Pubdate: Mon, 07 Jun 2010
Source: Summit Daily News (CO)
Copyright: 2010 Associated Press
Bookmark: (Cannabis - Medicinal)


DENVER (AP) - Colorado has enacted statewide regulations for the 
medical marijuana industry which could potentially allow hundreds of 
dispensaries to continue operating.

Gov. Bill Ritter on Monday signed two bills passed by lawmakers this 
session to rein in the estimated 1,100 medical marijuana dispensaries 
that have cropped up around the state.

Both laws take effect immediately. One allows only doctors in good 
standing to recommend medical marijuana. The other sets up a uniform 
set of rules for marijuana dispensaries as well as growers and makers 
of marijuana-infused snacks preferred by some patients.

Regulators expect only about half of the existing dispensaries to be 
able to continue operating under the rules.

In his state of the state message in January, Ritter urged the 
industry to work with communities and law enforcement to come up with 
compromises that protect the public and patients using medical marijuana.

"The companion measures I signed today strike a delicate balance 
between protecting public safety and respecting the will of the 
voters," Ritter said.

The measures face potential legal challenges from supporters who say 
they go too far, allowing communities like Vail, Aurora, Superior, 
Arapahoe County and Colorado Springs to clamp down on the industry.

"On the one hand, we are pleased it legitimizes this health care 
industry; however, we are concerned it may be overly strict and could 
cut off patient access to medication as a result of the dwindling 
number of dispensaries," said Brian Vicente, executive director of 
Sensible Colorado, a medical marijuana patients' group.

Under the new laws, cities and counties are able ban dispensaries 
within their borders. In places where they're allowed, owners will 
have to undergo criminal background checks. Dispensaries must grow 70 
percent of their marijuana, a provision aimed at keeping tabs on 
where it is being sold.

Karen O'Keefe, director of state policies for the Marijuana Policy 
Project, said a state-regulated medical marijuana program is already 
in effect in New Mexico and similar programs will soon be operational 
in Rhode Island, Maine, New Jersey and Washington, D.C.

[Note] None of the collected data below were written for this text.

-- ===== src/BlockCache/Persisting.antt =====
-- The MySQL storage of src/cache/mysql.cpp behind the block cache.
use xayax.Prelude.{
  ℕ, zero, suc, ◌+◌, ◌≤◌, ◌<◌, ◌%◌, ◌≡◌, refl, ℤ, pos, String, List, [], ◌∷◌, some, arith, length,
  u64_mod, i64_bound, Bool-cases, inl, inr, ltb, leb, ◌&&◌,
}
use xayax.Prelude.Action.{
  Outcome, done, threw, aborted, Post, Post-bind, abort, pure, checked, ◌>>=◌,
}
use xayax.BlockData.{BlockData, Codec, ReadsBack}
use xayax.BaseChain.{BaseChain}
use xayax.BlockCache.{CacheState, get_block_range}
use xayax.BlockCache.Serving.{slice}
use xayax.BlockCache.Backed.{IsBacking, IsSteady, get_block_range-Answered}
use xayax.BlockCache.MySql.{
  Mypp, Implementation, store_block, store_blocks, deserialise_all, get_range, catching,
  on_connection, as_int64, mysql_storage,
}
use xayax.BlockCache.Rows.{
  replace_row, data_between, AscendsFrom, HasData, data_slice, replace_row-HasData,
  replace_row-AscendsFrom, between_slice,
}

as_int64-pos : (v h : ℕ) → v ≡ h → h < i64_bound → as_int64 v ≡ pos h
as_int64-pos v h e b = ground arith

-- A statement for the table cannot be prepared in some state of the connection.
abbrev pub Unprepared : {Db : Type 0} → Mypp Db → String → Type 0
Unprepared {Db = Db} mypp table = (db : Db) × (db' : Db) × (mypp.prepare table db ≡ threw db')

-- What the server does with the table: `rows` reads it off the state of the connection. Each call may fail.
pub record IsServer {Db : Type 0} (mypp : Mypp Db) (table : String) (rows : Db → List (ℕ × String))
    : Type 0 where
  pub prepares :
      (db : Db) → Post (λ _ db'. rows db' ≡ rows db) (λ _. Unit {0}) ⊥ (mypp.prepare table db)
  pub replaces :
      (h : ℕ) (d : String) (db : Db)
      → Post
          (λ _ db'. rows db' ≡ replace_row h d (rows db))
          (λ db'. rows db' ≡ rows db)
          ⊥
          (mypp.replace_into table (pos h) d db)
  pub selects :
      (a b : ℕ) (db : Db)
      → Post
          (λ ds db'. (ds ≡ data_between a b (rows db)) × (rows db' ≡ rows db))
          (λ db'. rows db' ≡ rows db)
          ⊥
          (mypp.select_data table (pos a) (pos b) db)

module _ {Json Db : Type 0} (codec : Codec Json) (mypp : Mypp Db) (table : String)
    (rows : Db → List (ℕ × String)) (server : IsServer mypp table rows) (chain : ℕ → BlockData Json)
    (numbered : (h : ℕ) → (chain h).height ≡ h)
    (readable : (h : ℕ) → ReadsBack codec (chain h)) where
  abbrev data_at : ℕ → String
  data_at h = codec.serialise (chain h)

  -- The table has, in order, blocks of the chain.
  abbrev pub HasChain : Implementation Db → Type 0
  HasChain s =
      (s.table ≡ table) × AscendsFrom 0 (rows s.connection) × HasData data_at (rows s.connection)

  abbrev Broken : Type 0
  Broken = Unprepared mypp table

  prepared-HasChain :
      (s : Implementation Db) (o : Outcome Db (Unit {0}))
      → HasChain s
      → Post (λ _ db'. rows db' ≡ rows s.connection) (λ _. Unit {0}) ⊥ o
      → ((db' : Db) → o ≡ threw db' → Broken)
      → Post
          (λ _. HasChain)
          (λ _. ⊥)
          Broken
          (elim o [
            | done a w ↦ done a (record s { connection = w })
            | threw w ↦ aborted
            | aborted ↦ aborted
          ])
  prepared-HasChain s (done a w) inv h k = ground arith
  prepared-HasChain s (threw w) inv h k = k w refl
  prepared-HasChain s aborted inv h k = absurd h

  prepare-HasChain :
      (s : Implementation Db)
      → HasChain s
      → Post
          (λ _. HasChain)
          (λ _. ⊥)
          Broken
          (catching (on_connection (mypp.prepare s.table)) abort s)
  prepare-HasChain s inv = ground (
    arith,
    prepared-HasChain s (mypp.prepare table s.connection) inv (server.prepares s.connection)
        (λ db' e. (s.connection, db', e)),
  )

  replace-HasChain :
      (t : String) (v : ℤ) (h : ℕ) (s : Implementation Db)
      → t ≡ table
      → v ≡ pos h
      → HasChain s
      → Post
          (λ _. HasChain)
          (λ _. ⊥)
          Broken
          (catching (on_connection (mypp.replace_into t v (data_at h))) (pure tt) s)
  replace-HasChain t v h s e p inv = ground (
    arith,
    server.replaces h (data_at h) s.connection,
    replace_row-HasData data_at h (rows s.connection),
    replace_row-AscendsFrom 0 h (data_at h) (rows s.connection),
  )

  store_block-HasChain :
      (h : ℕ) (s : Implementation Db)
      → h < i64_bound
      → HasChain s
      → Post (λ _. HasChain) (λ _. ⊥) Broken (store_block codec mypp (chain h) s)
  unfolding store_block
  store_block-HasChain h s b inv =
      Post-bind (λ _. HasChain) (λ _. HasChain) (λ _. ⊥) Broken _ _ (prepare-HasChain s inv)
        (λ _ s'.
          replace-HasChain s.table _ h s' inv.0 (as_int64-pos (chain h).height h (numbered h) b))

  store_blocks-HasChain :
      (start n : ℕ) (s : Implementation Db)
      → start + n ≤ i64_bound
      → HasChain s
      → Post (λ _. HasChain) (λ _. ⊥) Broken (store_blocks codec mypp (slice chain start n) s)
  unfolding store_blocks
  store_blocks-HasChain start zero s b inv = inv
  store_blocks-HasChain start (suc n) s b inv =
      Post-bind (λ _. HasChain) (λ _. HasChain) (λ _. ⊥) Broken
        (store_block codec mypp (chain start) s) _ (store_block-HasChain start s (omega arith) inv)
        (λ _ s'. store_blocks-HasChain (suc start) n s' (omega arith))

  deserialise-between :
      (a b : ℕ) (m : List (ℕ × String))
      → HasData data_at m
      → (bs : List (BlockData Json)) × (deserialise_all codec mypp (data_between a b m) ≡ some bs)
        × (length bs ≡ length (data_between a b m))
  unfolding deserialise_all data_between
  deserialise-between a b [] f = ([], refl, refl)
  deserialise-between a b ((k, d) ∷ m) f =
      let (bs, p, q) = deserialise-between a b m f.1 in
      elim (Bool-cases (leb a k && ltb k b)) [
        | inl e ↦ rw e (chain k ∷ bs, rw (f.0, readable k, p) refl, omega (arith, q))
        | inr e ↦ rw e (bs, p, q)
      ]

  empty_slice : (n start : ℕ) → 0 ≡ n → slice chain start n ≡ []
  empty_slice zero start e = refl
  empty_slice (suc n) start e = absurd (omega arith)

  deserialise-slice :
      (a n : ℕ) → deserialise_all codec mypp (data_slice data_at a n) ≡ some (slice chain a n)
  unfolding deserialise_all
  deserialise-slice a zero = refl
  deserialise-slice a (suc n) = rw (readable a, deserialise-slice (suc a) n) refl

  select-HasChain :
      (t : String) (v w : ℤ) (start n : ℕ) (s : Implementation Db)
      → t ≡ table
      → v ≡ pos start
      → w ≡ pos (start + n)
      → HasChain s
      → Post
          (λ bs s'. HasChain s' × (length bs ≡ n → bs ≡ slice chain start n))
          (λ _. ⊥)
          Broken
          (catching
            (on_connection (mypp.select_data t v w) >>= λ ds.
              checked (deserialise_all codec mypp ds))
            (pure [])
            s)
  select-HasChain t v w start n s e p q inv =
      let (bs, r, l) = deserialise-between start (start + n) (rows s.connection) inv.2 in
      ground (
        arith,
        server.selects start (start + n) s.connection,
        r,
        l,
        between_slice data_at start n 0 (rows s.connection),
        deserialise-slice start n,
        empty_slice n start,
      )

  get_range-HasChain :
      (start n : ℕ) (s : Implementation Db)
      → start + n < i64_bound
      → HasChain s
      → Post
          (λ bs s'. HasChain s' × (length bs ≡ n → bs ≡ slice chain start n))
          (λ _. ⊥)
          Broken
          (get_range codec mypp start n s)
  unfolding get_range
  get_range-HasChain start n s b inv =
      Post-bind (λ _. HasChain) _ (λ _. ⊥) Broken _ _ (prepare-HasChain s inv)
        (λ _ s'.
          select-HasChain s.table _ _ start n s' inv.0 (as_int64-pos start start refl (omega arith))
            (as_int64-pos ((start + n) % u64_mod) (start + n) (omega arith) b))

  pub mysql_storage-IsBacking : IsBacking chain (mysql_storage codec mypp) HasChain Broken i64_bound
  unfolding mysql_storage
  mysql_storage-IsBacking = record { stores = store_blocks-HasChain; serves = get_range-HasChain }

  module _ {World : Type 0} (base : BaseChain Json World) (min_depth : ℕ) where
    -- With a server that does what its statements say, unless one of them fails, and a client that never
    -- aborts and returns the blocks of one chain for final ranges, or throws: the cache with the MySQL storage
    -- returns the chain's blocks for a range that is final at the last tip seen, whether from the table or
    -- from the client. What it leaves in the table after any request is, in the order of the heights, the
    -- chain's too, also if the client throws, and a request for a range that is not final leaves the storage
    -- as it was. The process aborts only if a statement for the table cannot be prepared.
    pub mysql_cache-slice :
        (start count : ℕ) (s : CacheState World (Implementation Db))
        → IsSteady chain base min_depth s.last_tip_height
        → HasChain s.storage
        → s.last_tip_height + 1 < i64_bound
        → start + count + min_depth < u64_mod
        → Post
            (λ bs s'.
              HasChain s'.storage
              × (start + count + min_depth ≤ s.last_tip_height + 1 → bs ≡ slice chain start count)
              × (s.last_tip_height + 1 < start + count + min_depth → s'.storage ≡ s.storage))
            (λ s'. HasChain s'.storage)
            (Unprepared mypp table)
            (get_block_range base (mysql_storage codec mypp) min_depth start count s)
    mysql_cache-slice start count s h f b d =
        get_block_range-Answered chain (mysql_storage codec mypp) HasChain Broken i64_bound
          mysql_storage-IsBacking base min_depth start count s h f (omega arith) b d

O'Keefe said the number of sanctioned dispensaries to be allowed in 
each of those states and the District of Columbia is fewer than 10. 
Colorado's law will authorize hundreds, and potentially more if 
future demand increases.

Colorado's medical marijuana industry will be overseen by the state 
revenue department in much the same way that casinos are regulated. 
Inspectors will investigate the books of marijuana businesses to look 
for criminal ties.

Fees to be set by regulators will pay for the system, and smaller 
dispensary owners fear they may not be able to afford them. Some 
dispensaries will also likely have to merge with growers to meet the 
requirement that they grow most of their own pot.